Your instructions: Provide only the number of lines in the following data that contain "cost".

Records for this exercise:
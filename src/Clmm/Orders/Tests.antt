-- ===== src/Clmm/Orders/Tests.antt =====
-- quote/clmm.rs: orders at the price one, filled in part and whole.
use flow_trades_solana.Base.{◌≡◌, ◌≤◌, ◌^◌, refl, some, true, arith}
use flow_trades_solana.Clmm.Wide.{mul_div_floor, mul_div_ceil}
use flow_trades_solana.Clmm.Orders.{
  Match, match_limit_orders, fill_fusion_orders, fusion_full_in, input_fee, priced, settle, bought,
  cost,
}
use flow_trades_solana.Clmm.Orders.Laws.{match_limit_orders_bounds, fill_fusion_orders_bounds}

abbrev matched : Match
matched = record { used = 5_013; got = 5_000; filled = 5_000 }

match_lem : match_limit_orders 5_000 1_000_000 (2 ^ 64) 2_500 true true ≡ some matched
unfolding match_limit_orders input_fee priced settle bought cost mul_div_floor mul_div_ceil
match_lem = refl

match_limit_orders_bounds_example : (5_000 ≤ 5_000) × (5_000 ≤ 5_000) × (5_013 ≤ 1_000_000)
match_limit_orders_bounds_example =
    match_limit_orders_bounds 5_000 1_000_000 (2 ^ 64) 2_500 true true (omega arith) (omega arith)
      match_lem

fill_lem : fill_fusion_orders 5_000_000 1_000_000 (2 ^ 64) 2_500 true ≡ some (1_000_000, 997_500)
unfolding fill_fusion_orders fusion_full_in mul_div_floor mul_div_ceil
fill_lem = refl

fill_fusion_orders_bounds_example : (1_000_000 ≤ 1_000_000) × (997_500 ≤ 5_000_000)
fill_fusion_orders_bounds_example =
    fill_fusion_orders_bounds 5_000_000 1_000_000 (2 ^ 64) 2_500 true (omega arith) (omega arith)
      fill_lem
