-- ===== src/Clmm/Price/Tests.antt =====
-- quote/clmm.rs: the ends of both price tables, and the tick of the price one.
use flow_trades_solana.Base.{◌≡◌, ◌^◌, refl, some}
use flow_trades_solana.Base.Int.{pos}
use flow_trades_solana.Clmm.Wide.{wide_mul}
use flow_trades_solana.Clmm.Price.{
  min_tick, max_tick, raydium_sqrt_price_at_tick, orca_sqrt_price_at_tick, orca_tick_at_sqrt_price,
  multiplied, by_q64, by_q96, msb, log_fraction,
}

raydium_lowest : raydium_sqrt_price_at_tick min_tick ≡ some 4_295_048_016
unfolding raydium_sqrt_price_at_tick multiplied by_q64
raydium_lowest = refl

raydium_highest : raydium_sqrt_price_at_tick max_tick ≡ some 79_226_673_521_066_979_257_578_248_091
unfolding raydium_sqrt_price_at_tick multiplied by_q64
raydium_highest = refl

orca_lowest : orca_sqrt_price_at_tick min_tick ≡ 4_295_048_016
unfolding orca_sqrt_price_at_tick multiplied by_q64 by_q96
orca_lowest = refl

orca_highest : orca_sqrt_price_at_tick max_tick ≡ 79_226_673_515_401_279_992_447_579_055
unfolding orca_sqrt_price_at_tick multiplied by_q64 by_q96 wide_mul
orca_highest = refl

price_one : orca_tick_at_sqrt_price (2 ^ 64) ≡ some (pos 0)
unfolding orca_tick_at_sqrt_price orca_sqrt_price_at_tick msb log_fraction multiplied by_q64 by_q96
price_one = refl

Expected answer: 2